■ Task to carry out ■
Show me each line of the listing below where the word "shorter" appears.
***** Data records *****
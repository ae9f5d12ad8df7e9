-- ===== src/Cache/Entries.antt =====
-- Eviction only takes entries away, and leaves the settings of the cache alone.
use mcp_proxy.Prelude.Maps.{erase-Distinct, length-erase_le, lookup-erase}
use mcp_proxy.Prelude.{
  Bool-cases, Dict, Distinct, String, [], arith, false, inl, inr, leb, length, lookup, ltb, none,
  refl, true, ℕ, ◌+◌, ◌/◌, ◌∷◌, ◌≡◌, ◌≤◌, ◌⊎◌,
}
use mcp_proxy.Cache.{
  DecisionCache, Entry, cleanup, drop_expired, drop_some, evict, evict_oldest, make_room,
  set_decision, store, with_room,
}
use mcp_proxy.Decision.{PolicyDecision}

-- `d` has no entry that `c` has not.
pub record Shrinks (c d : DecisionCache) : Type 0 where
  pub settings : (d.l2_ttl ≡ c.l2_ttl) × (d.max_entries ≡ c.max_entries) × (d.enabled ≡ c.enabled)
  pub distinct : Distinct c.l2_cache → Distinct d.l2_cache
  pub fewer : length d.l2_cache ≤ length c.l2_cache
  -- an entry is as it was, or gone
  pub entries :
      (k : String) → (lookup k d.l2_cache ≡ lookup k c.l2_cache) ⊎ (lookup k d.l2_cache ≡ none)

pub Shrinks-refl : (c : DecisionCache) → Shrinks c c
Shrinks-refl c = record {
  settings = (refl, refl, refl);
  distinct = λ h. h;
  fewer = omega arith;
  entries = λ k. inl refl;
}

pub Shrinks-trans : {a b c : DecisionCache} → Shrinks a b → Shrinks b c → Shrinks a c
Shrinks-trans {a} {b} {c} s t = record {
  settings = (cc, cc, cc);
  distinct = λ h. t.distinct (s.distinct h);
  fewer = omega arith;
  entries = λ k. ground (arith, s.entries k, t.entries k);
}

pub Shrinks-evict : (key : String) (c : DecisionCache) → Shrinks c (evict key c)
unfolding evict
Shrinks-evict key c = record {
  settings = (refl, refl, refl);
  distinct = erase-Distinct key c.l2_cache;
  fewer = length-erase_le key c.l2_cache;
  entries = λ k. ground (arith, lookup-erase key k c.l2_cache);
}

pub Shrinks-drop_expired :
    (now : ℕ) (es : Dict Entry) (c : DecisionCache) → Shrinks c (drop_expired now es c)
unfolding drop_expired
Shrinks-drop_expired now [] c = Shrinks-refl c
Shrinks-drop_expired now ((key, e) ∷ es) c = elim (Bool-cases (ltb e.expires_at now)) [
  | inl h ↦ rw h (Shrinks-trans (Shrinks-evict key c) (Shrinks-drop_expired now es (evict key c)))
  | inr h ↦ rw h (Shrinks-drop_expired now es c)
]

pub Shrinks-drop_some :
    (to_remove removed : ℕ) (es : Dict Entry) (c : DecisionCache)
    → Shrinks c (drop_some to_remove removed es c)
unfolding drop_some
Shrinks-drop_some to_remove removed [] c = Shrinks-refl c
Shrinks-drop_some to_remove removed ((key, e) ∷ es) c =
    elim (Bool-cases (leb to_remove (removed + 1))) [
      | inl h ↦ rw h (Shrinks-evict key c)
      | inr h ↦ rw h (
          Shrinks-trans (Shrinks-evict key c)
            (Shrinks-drop_some to_remove (removed + 1) es (evict key c)))
    ]

pub Shrinks-make_room : (c : DecisionCache) → Shrinks c (make_room c)
unfolding make_room
Shrinks-make_room c = elim (Bool-cases (leb c.max_entries (length c.l2_cache))) [
  | inl h ↦ rw h (Shrinks-drop_some (c.max_entries / 10) 0 c.l2_cache c)
  | inr h ↦ rw h (Shrinks-refl c)
]

pub Shrinks-evict_oldest : (now : ℕ) (c : DecisionCache) → Shrinks c (evict_oldest now c)
unfolding evict_oldest
Shrinks-evict_oldest now c =
    Shrinks-trans (Shrinks-drop_expired now c.l2_cache c)
      (Shrinks-make_room (drop_expired now c.l2_cache c))

pub Shrinks-cleanup : (now : ℕ) (c : DecisionCache) → Shrinks c (cleanup now c)
unfolding cleanup
Shrinks-cleanup now c = Shrinks-drop_expired now c.l2_cache c

pub Shrinks-with_room : (now : ℕ) (c : DecisionCache) → Shrinks c (with_room now c)
unfolding with_room
Shrinks-with_room now c = elim (Bool-cases (leb c.max_entries (length c.l2_cache))) [
  | inl full ↦ rw full (Shrinks-evict_oldest now c)
  | inr room ↦ rw room (Shrinks-refl c)
]

pub set_decision-on :
    (key : String) (d : PolicyDecision) (now : ℕ) (c : DecisionCache)
    → c.enabled ≡ true
    → set_decision key d now c ≡ store key d now (with_room now c)
unfolding set_decision
set_decision-on key d now c on = ground arith

pub set_decision-off :
    (key : String) (d : PolicyDecision) (now : ℕ) (c : DecisionCache)
    → c.enabled ≡ false
    → set_decision key d now c ≡ c
unfolding set_decision
set_decision-off key d now c off = ground arith
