-- ===== src/Cache/Bounds.antt =====
-- The cache never holds more than `max_entries` entries.
use mcp_proxy.Prelude.Maps.{insert-Distinct, length-erase_le, length-erase_present}
use mcp_proxy.Prelude.{
  Bool-cases, Dict, Distinct, String, [], ap, arith, eq_refl, inl, inr, insert, leb, leb→le, length,
  lookup, refl, some, suc, ℕ, ◌+◌, ◌/◌, ◌<◌, ◌∷◌, ◌≡◌, ◌≤◌,
}
use mcp_proxy.Cache.{
  CacheConfig, DecisionCache, Entry, drop_some, evict, evict_oldest, make_room, new_decision_cache,
  set_decision, store, with_room,
}
use mcp_proxy.Cache.Entries.{
  Shrinks, Shrinks-drop_expired, Shrinks-drop_some, Shrinks-evict_oldest, Shrinks-with_room,
  set_decision-off, set_decision-on,
}
use mcp_proxy.Decision.{PolicyDecision}

pub record IsBounded (c : DecisionCache) : Type 0 where
  pub distinct : Distinct c.l2_cache
  pub positive : 0 < c.max_entries
  pub within : length c.l2_cache ≤ c.max_entries

pub new_decision_cache-IsBounded : (cfg : CacheConfig) → IsBounded (new_decision_cache cfg)
unfolding new_decision_cache
new_decision_cache-IsBounded cfg = record {
  distinct = tt;
  positive = ground arith;
  within = omega arith;
}

pub Shrinks-IsBounded : {c d : DecisionCache} → Shrinks c d → IsBounded c → IsBounded d
Shrinks-IsBounded {c} {d} s b = record {
  distinct = s.distinct b.distinct;
  positive = omega (arith, s.settings.1);
  within = omega (arith, s.settings.1);
}

shorter :
    (key : String) (w : Entry) (es : Dict Entry) (c : DecisionCache)
    → c.l2_cache ≡ (key, w) ∷ es
    → Distinct c.l2_cache
    → lookup key c.l2_cache ≡ some w
    → length (evict key c).l2_cache < suc (length es)
unfolding evict
shorter key w es c e d there =
    omega (arith, length-erase_present key w c.l2_cache d there, ap length e)

-- The first round of the loop takes an entry that is there.
drop_some-shorter :
    (to_remove : ℕ) (es : Dict Entry) (c : DecisionCache)
    → c.l2_cache ≡ es
    → Distinct c.l2_cache
    → 0 < length es
    → length (drop_some to_remove 0 es c).l2_cache < length es
unfolding drop_some lookup
drop_some-shorter to_remove [] c e d h = absurd (omega arith)
drop_some-shorter to_remove ((key, w) ∷ es) c e d h =
    let there : lookup key c.l2_cache ≡ some w = rw (e, lookup, eq_refl key) in
    let less : length (evict key c).l2_cache < suc (length es) = shorter key w es c e d there in
    elim (Bool-cases (leb to_remove 1)) [
      | inl t ↦ rw t less
      | inr t ↦ rw t (omega (arith, less, (Shrinks-drop_some to_remove 1 es (evict key c)).fewer))
    ]

make_room-fits : (c : DecisionCache) → IsBounded c → length (make_room c).l2_cache < c.max_entries
unfolding make_room
make_room-fits c b = elim (Bool-cases (leb c.max_entries (length c.l2_cache))) [
  | inl h ↦ rw h (
      omega (
        arith,
        drop_some-shorter (c.max_entries / 10) c.l2_cache c refl b.distinct
            (omega (arith, leb→le _ _ h, b.positive)),
        b.within,
      ))
  | inr h ↦ rw h (ground arith)
]

pub evict_oldest-fits :
    (now : ℕ) (c : DecisionCache)
    → IsBounded c
    → length (evict_oldest now c).l2_cache < c.max_entries
unfolding evict_oldest
evict_oldest-fits now c b =
    let s = Shrinks-drop_expired now c.l2_cache c in
    omega (arith, make_room-fits _ (Shrinks-IsBounded s b), s.settings.1)

with_room-fits :
    (now : ℕ) (c : DecisionCache)
    → IsBounded c
    → length (with_room now c).l2_cache < (with_room now c).max_entries
unfolding with_room
with_room-fits now c b = elim (Bool-cases (leb c.max_entries (length c.l2_cache))) [
  | inr room ↦ rw room (ground arith)
  | inl full ↦
      rw full (omega (arith, evict_oldest-fits now c b, (Shrinks-evict_oldest now c).settings.1))
]

store-IsBounded :
    (key : String) (d : PolicyDecision) (now : ℕ) (c : DecisionCache)
    → IsBounded c
    → length c.l2_cache < c.max_entries
    → IsBounded (store key d now c)
unfolding store insert
store-IsBounded key d now c b room = record {
  distinct =
      insert-Distinct key (record { decision = d; expires_at = now + c.l2_ttl }) c.l2_cache
        b.distinct;
  positive = b.positive;
  within = omega (arith, length-erase_le key c.l2_cache);
}

-- A cache whose entries have distinct keys and are at most `max_entries`, which is positive, is such a cache after a decision has been stored.
pub set_decision-IsBounded :
    (key : String) (d : PolicyDecision) (now : ℕ) (c : DecisionCache)
    → IsBounded c
    → IsBounded (set_decision key d now c)
set_decision-IsBounded key d now c b = elim (Bool-cases c.enabled) [
  | inr off ↦ rw (set_decision-off key d now c off) b
  | inl on ↦ rw (set_decision-on key d now c on) (
      store-IsBounded key d now (with_room now c) (Shrinks-IsBounded (Shrinks-with_room now c) b)
        (with_room-fits now c b))
]
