-- ===== src/Health/Tests.antt =====
-- Two components, of which the one that finishes first is down.
use mcp_proxy.Prelude.{
  Bool, Dict, Distinct, String, [], false, if◌then◌else◌, lookup, none, not, refl, some, true, ◌&&◌,
  ◌≡◌, ◌∷◌,
}
use mathlib.Core.List.{Permᴰ}
use mcp_proxy.Health.{
  Health, HealthChecker, check_all, database_checker, is_unhealthy, readiness_handler,
  upstream_checker, unhealthy,
}
use mcp_proxy.Health.Overall.{check_all-gravest, gravest, readiness_handler-code, reported}

abbrev upstream : String × HealthChecker Bool
upstream = ("upstream", upstream_checker (λ up. up))

abbrev database : String × HealthChecker Bool
database = ("database", database_checker (λ up. if up then none else some "locked"))

abbrev health : Health Bool
health = record { version = "1"; checkers = database ∷ upstream ∷ []; ready = true }

abbrev order : Dict (HealthChecker Bool)
order = upstream ∷ database ∷ []

abbrev latency : String → String
latency _ = "1ms"

order-perm : Permᴰ health.checkers order
order-perm = Permᴰ.swap refl refl

health-Distinct : Distinct health.checkers
unfolding lookup
health-Distinct = (refl, (refl, tt))

check_all-gravest_example :
    ((check_all false latency order health).status ≡ gravest false health.checkers)
    × ((name : String)
        → lookup name (check_all false latency order health).components
          ≡ reported false latency name (lookup name health.checkers) none)
check_all-gravest_example = check_all-gravest false latency order health order-perm health-Distinct

check_all_down : (check_all false latency order health).status ≡ unhealthy
unfolding check_all database_checker upstream_checker
check_all_down = refl

readiness_handler-code_example :
    (readiness_handler false latency order health).0
    ≡ (if true && not (is_unhealthy (gravest false health.checkers)) then 200 else 503)
readiness_handler-code_example =
    readiness_handler-code false latency order health order-perm health-Distinct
*****
■ Output of the exercise ■
shorter :
shorter key w es c e d there =
drop_some-shorter :
drop_some-shorter to_remove [] c e d h = absurd (omega arith)
drop_some-shorter to_remove ((key, w) ∷ es) c e d h =
    let less : length (evict key c).l2_cache < suc (length es) = shorter key w es c e d there in
        drop_some-shorter (c.max_entries / 10) c.l2_cache c refl b.distinct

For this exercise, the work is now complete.